Шрифт:
Интервал:
Закладка:
На Иннокентьевской из вагона ранним утром Василий смотрел на грязные улицы и заулки с одноэтажными мещанскими домами, пожухлой сырой листвой тополей и клёнов, почерневшими заплотами и тротуарами, неспешными подводами крестьян и купцов и сонноватыми кучерами на облучках. Было туманно и волгло, даль просматривалась слабо, но свежий холодный воздух, щедро накатывавшийся с Иркута, бодрил и даже веселил Василия, пощекотывая в ноздрях и ушах. Зелёная, с робкими желтоватыми вкраплениями тайга отчуждённо лежала за городом, и казалось Василию, что не было и не могло появиться на земле силы, способной изменить, как-то переиначить эти леса, холмы, реки и озёра, как бы свернуть с вековечного природного хода сибирское немерянное раздолье.
Но мир действительно пошатнулся.
Василий не смог попрощаться с родными: в дикой спешке, которой был охвачен полк, этого просто невозможно было сделать.
Со своим взводом он ехал в вагоне-теплушке, который прохудился, и со всех сторон сквозило; раньше, с неделю назад, вагон использовался для перевозки скота из Туркестана. От разбитого копытами пола наносило запахом мочи и помёта, однако солдаты не жаловались на неудобства, потому что было много соломы, и в ней можно день и ночь напролёт спать или просто смотреть в потолок, в щелях которого виднелось небо. Василий подолгу смотрел в проём раздвижных дверей на убегающие к востоку равнинные сибирские земли, разглядывал на станциях разношёрстный народ; в его душе было тревожно, но в тоже время ясно и чисто, каким ясным и чистым было всё время пути бесконечное небо бесконечной России.
Прислушивался к разговорам солдат:
— Наперчим одно место растреклятому австрийцу или немцу. Добраться бы, мужики!

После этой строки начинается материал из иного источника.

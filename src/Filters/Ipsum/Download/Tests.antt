-- ===== src/Filters/Ipsum/Download/Tests.antt =====
-- A download over an old feed, and one that the disk cuts short.
use go_connect.Base.{
  ℕ, ◌≡◌, refl, [], ◌∷◌, true, false, none, some, ok, err, ◌⊎◌, All, string_key, lookup, insert,
  delete,
}
use go_connect.Files.{Files}
use go_connect.Filters.Ipsum.Download.{
  Fetch, Os, DownloadError, tmp_path, download_to_file, write_failed,
}
use go_connect.Filters.Ipsum.Download.Atomic.{IsSafe, body_of, download_to_file_atomic}

abbrev old_feed : Files
old_feed = ("feed", 1 ∷ []) ∷ []

abbrev fetched : Fetch
fetched = record {
  builds = true;
  answer = some (record { status = 200; chunks = (7 ∷ 8 ∷ []) ∷ (9 ∷ []) ∷ []; complete = true });
}

abbrev disk_with : ℕ → Os
disk_with room = record { opens = true; room = room; closes = true; renames = true; removes = true }

new_feed :
    lookup "feed"
      (download_to_file "feed" fetched
        (disk_with 3)
        (record { files = old_feed; seen = [] })).1.files
    ≡ some (7 ∷ 8 ∷ 9 ∷ [])
unfolding download_to_file lookup insert delete
new_feed = refl

disk_full :
    (download_to_file "feed" fetched (disk_with 2) (record { files = old_feed; seen = [] })).0
    ≡ err write_failed
unfolding download_to_file
disk_full = refl

download_to_file_atomic_example :
    let (r, d) =
      download_to_file "feed" fetched (disk_with 2) (record { files = old_feed; seen = [] }) in
    All (IsSafe "feed" old_feed (body_of fetched.answer)) (d.files ∷ d.seen)
    × (((r ≡ ok tt)
          × (lookup "feed" d.files ≡ some (body_of fetched.answer))
          × (lookup (tmp_path "feed") d.files ≡ none))
        ⊎ ((e : DownloadError) × (r ≡ err e)
            × (lookup "feed" d.files ≡ lookup "feed" old_feed)
            × ((true ≡ false)
                ⊎ (lookup (tmp_path "feed") d.files ≡ none)
                ⊎ (lookup (tmp_path "feed") d.files ≡ lookup (tmp_path "feed") old_feed))))
download_to_file_atomic_example = download_to_file_atomic "feed" fetched (disk_with 2) old_feed
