-- ===== src/Filters/Tests.antt =====
-- The filters with a parser of a few addresses.
use Prim.Native.String.{String}
use go_connect.Base.{
  ◌≡◌, refl, [], ◌∷◌, Bool, true, false, none, some, if◌then◌else◌, string_key, lookup, insert, pos,
}
use go_connect.Filters.Ipsum.{Parsing, Reader, new_db, load_from_reader, is_blocked}
use go_connect.Filters.Ipsum.Feed.{feed_count, is_blocked-load_from_reader}
use go_connect.Filters.Geoblock.{Geo, CountryDb, normalize, open_db, is_country_blocked}
use go_connect.Filters.Geoblock.Laws.{configured, is_country_blocked-open_db}

abbrev is : String → String → Bool
is a b = string_key.same a b

-- Two lines of a feed, and the addresses on them.
abbrev few : Parsing
few = record {
  trim_space = λ s. s;
  is_empty = λ s. is s "";
  is_comment = λ s. is s "# IPsum";
  fields = λ s. if is s "192.0.2.1 8" then "192.0.2.1" ∷ "8" ∷ [] else "192.0.2.1" ∷ "2" ∷ [];
  parse_ip4 = λ s. some s;
  atoi = λ s. if is s "8" then some (pos 8) else some (pos 2);
}

abbrev feed : Reader
feed = record { lines = "# IPsum" ∷ "192.0.2.1 8" ∷ "192.0.2.1 2" ∷ []; fails = false }

is_blocked-load_from_reader_example :
    is_blocked few "192.0.2.1" (load_from_reader few feed (new_db (pos 3))).1.0
    ≡ feed_count few (new_db (pos 3)).min_count "192.0.2.1" feed.lines
is_blocked-load_from_reader_example =
    is_blocked-load_from_reader few feed (new_db (pos 3)) "192.0.2.1" "192.0.2.1" refl refl

abbrev broken_feed : Reader
broken_feed = record { lines = "192.0.2.1 8" ∷ []; fails = true }

abbrev atlas : Geo
atlas = record {
  Addr = String;
  trim_space = λ s. s;
  to_upper = λ s. if is s "de" then "DE" else s;
  is_empty = λ s. is s "";
  parse_addr = λ s. some s;
  city = λ a. some "DE";
}

abbrev opened : CountryDb
opened = record { blocked = "DE" ∷ [] }

opens : open_db atlas true ("de" ∷ "" ∷ []) ≡ some opened
unfolding open_db normalize
opens = refl

is_country_blocked-open_db_example : is_country_blocked atlas "192.0.2.1" opened ≡ (
    if atlas.is_empty "DE"
    then (false, none)
    else (configured atlas "DE" ("de" ∷ "" ∷ []), some "DE"))
is_country_blocked-open_db_example =
    is_country_blocked-open_db atlas "192.0.2.1" "DE" "192.0.2.1" ("de" ∷ "" ∷ []) opened opens refl
      refl

eight : is_blocked few "192.0.2.1" (load_from_reader few feed (new_db (pos 3))).1.0 ≡ some 8
unfolding is_blocked load_from_reader new_db lookup insert
eight = refl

— Доберёшься, доберёшься, Аника-воин!..
На станциях, больших железнодорожных узлах с подходом военного эшелона собирался пёстрый возбуждённый народ. Восторженные люди, большей частью дамы, институтки и гимназистки, забрасывали солдат цветами — скорее, отцветками осени, — навешивали на них гирлянды из мишуры, одаривали немудрёной снедью, тёплыми вещами, иконками, лезли с поцелуями и рукопожатиями. Скандировали или порознь выкрикивали:
— Слава русскому воинству!
— Бо-о-о-же, царя-а-а-а храни-и-и-и!..
— Скажи, Россия-матушка, новое слово святости всему погрязшему во грехах миру! Положи на лопатки германское начало! — учёно и замысловато говорили одни.
— С Богом, братушки! Будем молиться, чтобы вы только побеждали, — простецки изъяснялись другие.
Звучали духовые оркестры, порой произносились речи, проводились скорые молебны. Но особенно солдатам и офицерам нравилось целоваться с дамами, а потом, посмеиваясь, смаковать каждый такой случай:
— Ух, вонишша от неё, заразы смазливой, ан прия-а-атно: духи хранцузские всё никак!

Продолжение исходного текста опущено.